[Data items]
********************

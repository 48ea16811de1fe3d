-- ===== src/Hardware/Save/Written.antt =====
-- hardware.c, save_hardware_chassis as a whole: what it writes, after reading versions and id.
use tsn.Base.{
  true, Option, none, some, List, [], ◌∷◌, ◌++◌, append_assoc, append-nil, ◌≡◌, sym, ap, ◌∙◌, arith,
  CStr, if◌then◌else◌,
}
use tsn.Runtime.{Env, Trace, M, Call, Datastore, running}
use tsn.Runtime.Containers.{Containers}
use tsn.Runtime.Always.{IsOrder, Steps}
use tsn.Runtime.Footprint.{Only, Grows, Grows-IsOrder, Grows-call, Returns-Only}
use tsn.Runtime.Laws.{Returns, Returns-bind, Returns-mono}
use tsn.Runtime.Records.{session_ds, written}
use tsn.Lldp.{Xml}
use tsn.Hardware.Versions.{get_hardware_version, get_software_version, get_chassis_id}
use tsn.Hardware.Versions.Footprint.{
  reads_texts, ReadsTexts, steps-ReadsTexts, get_hardware_version-Always,
  get_software_version-Always, get_chassis_id-Always,
}
use tsn.Hardware.Versions.Laws.{
  get_hardware_version-Sourced, get_software_version-Total, chassis_id_at,
  get_chassis_id-chassis_id_at,
}
use tsn.Hardware.Save.{hardware_path, save_chassis, save_hardware_chassis}
use tsn.Hardware.Save.Laws.{class_applied, operational_items, save_chassis-written}

-- The datastore of the session and what was written.
abbrev Written : Type 0
Written = Datastore × List (Datastore × CStr)

abbrev recorded : Trace → Written
recorded t = (session_ds t, written t)

reads_texts-recorded : (c : Call) (t : Trace) → reads_texts c ≡ true → recorded (c ∷ t) ≡ recorded t
reads_texts-recorded c t h = ground arith

-- What is written after `t` for a chassis of this id: its class, and the rest if that was applied.
abbrev pub chassis_items : Env → Option CStr → Trace → List (Datastore × CStr)
chassis_items env none t = []
chassis_items env (some id) t =
    (running, hardware_path id "class")
    ∷ (if class_applied env id t then operational_items id else [])

-- From `t` to `u` the chassis was written whose id the daemon gave when it was asked, if it gave
-- one.
abbrev pub ChassisSet : Env → Containers → Xml → Trace → Trace → Type 0
ChassisSet env lib xml t u =
    (session_ds u ≡ running)
    × ((asked v : Trace) × (written u
          ≡ written t ++ chassis_items env (chassis_id_at env lib xml asked) v))

module _ (env : Env) where
  save_chassis-items :
      (hw sw id : Option CStr) (t : Trace)
      → session_ds t ≡ running
      → Returns
          (λ _ u. (session_ds u ≡ running) × (written u ≡ written t ++ chassis_items env id t))
          (save_chassis env hw sw id t)
  unfolding save_chassis
  save_chassis-items hw sw none t h = (h, sym (append-nil (written t)))
  save_chassis-items hw sw (some id) t h =
      Returns-mono _ _ (save_chassis env hw sw (some id) t)
        (λ _ u (d, e). (d, e ∙ append_assoc (written t) _ _))
        (save_chassis-written env id hw sw t h).0

  -- Reading the texts writes nothing.
  reading :
      (P : Option CStr → Trace → Type 0) (m : M (Option CStr)) (t : Trace)
      → Only reads_texts m
      → Returns P (m t)
      → Returns (λ a u. P a u × (recorded u ≡ recorded t)) (m t)
  reading P m t only h = Returns-Only P recorded reads_texts m reads_texts-recorded only t h

  pub save_hardware_chassis-ChassisSet :
      (lib : Containers) (xml : Xml) (t : Trace)
      → session_ds t ≡ running
      → Returns (λ _ u. ChassisSet env lib xml t u) (save_hardware_chassis env lib xml t)
  unfolding save_hardware_chassis
  save_hardware_chassis-ChassisSet lib xml t h =
      Returns-bind _ _ (get_hardware_version env lib) _ t
        (reading _ (get_hardware_version env lib) t
          (get_hardware_version-Always env lib order texts)
          (get_hardware_version-Sourced env lib t))
        λ hw a (_, e).
          Returns-bind _ _ (get_software_version env lib) _ a
            (reading _ (get_software_version env lib) a
              (get_software_version-Always env lib order texts)
              (get_software_version-Total env lib a))
            λ sw b (_, f).
              Returns-bind _ _ (get_chassis_id env lib xml) _ b
                (reading _ (get_chassis_id env lib xml) b
                  (get_chassis_id-Always env lib order texts xml)
                  (get_chassis_id-chassis_id_at env lib xml b))
                λ id c (is, g).
                  let same : recorded c ≡ recorded t = g ∙ f ∙ e in
                  Returns-mono _ _ (save_chassis env hw sw id c)
                    (λ _ u (d, k). (
                      d,
                      (
                        b,
                        c,
                        k
                            ∙ ap (λ r. r.1 ++ chassis_items env id c) same
                            ∙ ap (λ i. written t ++ chassis_items env i c) is,
                      ),
                    ))
                    (save_chassis-items hw sw id c (ap (λ r. r.0) same ∙ h))
    where
      order : IsOrder (Grows reads_texts)
      order = Grows-IsOrder reads_texts

      step : Steps (Grows reads_texts) reads_texts
      step = Grows-call reads_texts

      texts : ReadsTexts env lib (Grows reads_texts)
      texts = steps-ReadsTexts env lib order step
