-- ===== src/Hardware/Versions/Leaks.antt =====
-- hardware.c: each file and each stream that the readers open is closed.
use tsn.Base.{List, [], ◌∷◌, ◌≡◌, refl, arith, Bool-cases, inl, inr, Option, none, some, CStr, ℕ}
use tsn.Runtime.{Env, Trace, Result, done, fault, exited, popen, open_file}
use tsn.Runtime.Always.{Always, trace_of}
use tsn.Runtime.Containers.{Containers}
use tsn.Runtime.Laws.{Returns, Returns-bind}
use tsn.Runtime.Leaks.{Leaks}
use tsn.Runtime.Streams.Laws.{read_all_total}
use tsn.Hardware.Texts.Laws.{read_trimmed_total}
use tsn.Hardware.Versions.{
  command_output, open_contents, read_both, dmi_version, read_model, model_version, sys_model_path,
  product_name_path, product_version_path,
}
use tsn.Hardware.Versions.Footprint.{ReadsTexts}

-- Where a run that returns stands.
Returns-trace_of :
    {A : Type 0} (R : Trace → Type 0) (r : Result A) → Returns (λ _ u. R u) r → R (trace_of r)
Returns-trace_of R (done a u) h = h
Returns-trace_of R (fault u) h = absurd h
Returns-trace_of R (exited u) h = absurd h

module _ (env : Env) (lib : Containers) where
  command_output-Leaks : (command : CStr) → Always (Leaks env) (command_output env lib command)
  unfolding command_output
  command_output-Leaks command = record {
    at = λ t.
        let start = popen command ∷ t in
        let (out, e) = read_all_total lib 62 (env.contents start) in
        elim (Bool-cases (env.succeeds start)) [
          | inl i ↦ rw (i, e) (omega arith, ground arith, omega arith)
          | inr i ↦ rw i (omega arith, ground arith, omega arith)
        ];
  }

  read_both-stays :
      (name version : Option (List ℕ)) (t : Trace)
      → Returns (λ _ u. u ≡ t) (read_both env lib name version t)
  unfolding read_both
  read_both-stays none version t = refl
  read_both-stays (some name) none t = refl
  read_both-stays (some name) (some version) t =
      let (first, e) = read_trimmed_total lib [] name in
      let (both, i) = read_trimmed_total lib (lib.ds_put_char first 32) version in rw (e, i) refl

  read_model-stays :
      (model : Option (List ℕ)) (t : Trace) → Returns (λ _ u. u ≡ t) (read_model env lib model t)
  unfolding read_model
  read_model-stays none t = refl
  read_model-stays (some model) t = let (out, e) = read_trimmed_total lib [] model in rw e refl

  dmi_version-Leaks : Always (Leaks env) (dmi_version env lib)
  unfolding dmi_version open_contents
  dmi_version-Leaks = record {
    at = λ t.
        let start = open_file product_version_path ∷ open_file product_name_path ∷ t in
        Returns-trace_of (Leaks env t) (dmi_version env lib t) (
          Returns-bind (λ _ u. u ≡ start) (λ _ u. Leaks env t u) (read_both env lib _ _) _ start
            (read_both-stays _ _ start) (λ _ u e. rw e (omega arith, omega arith, omega arith)));
  }

  model_version-Leaks : Always (Leaks env) (model_version env lib)
  unfolding model_version open_contents
  model_version-Leaks = record {
    at = λ t.
        let start = open_file sys_model_path ∷ t in
        Returns-trace_of (Leaks env t) (model_version env lib t) (
          Returns-bind (λ _ u. u ≡ start) (λ _ u. Leaks env t u) (read_model env lib _) _ start
            (read_model-stays _ start) (λ _ u e. rw e (omega arith, omega arith, omega arith)));
  }

  pub texts-Leaks : ReadsTexts env lib (Leaks env)
  texts-Leaks = record {
    probes = λ path t. (omega arith, omega arith, omega arith);
    commands = command_output-Leaks;
    dmi = dmi_version-Leaks;
    model = model_version-Leaks;
  }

********************

■ **WHAT YOU WILL DO**:
Search the entries for the word "Only" and pick out every line that holds it.

■ **RESULT**:
use tsn.Runtime.Footprint.{Only, Grows, Grows-IsOrder, Grows-call, Returns-Only}
      → Only reads_texts m
  reading P m t only h = Returns-Only P recorded reads_texts m reads_texts-recorded only t h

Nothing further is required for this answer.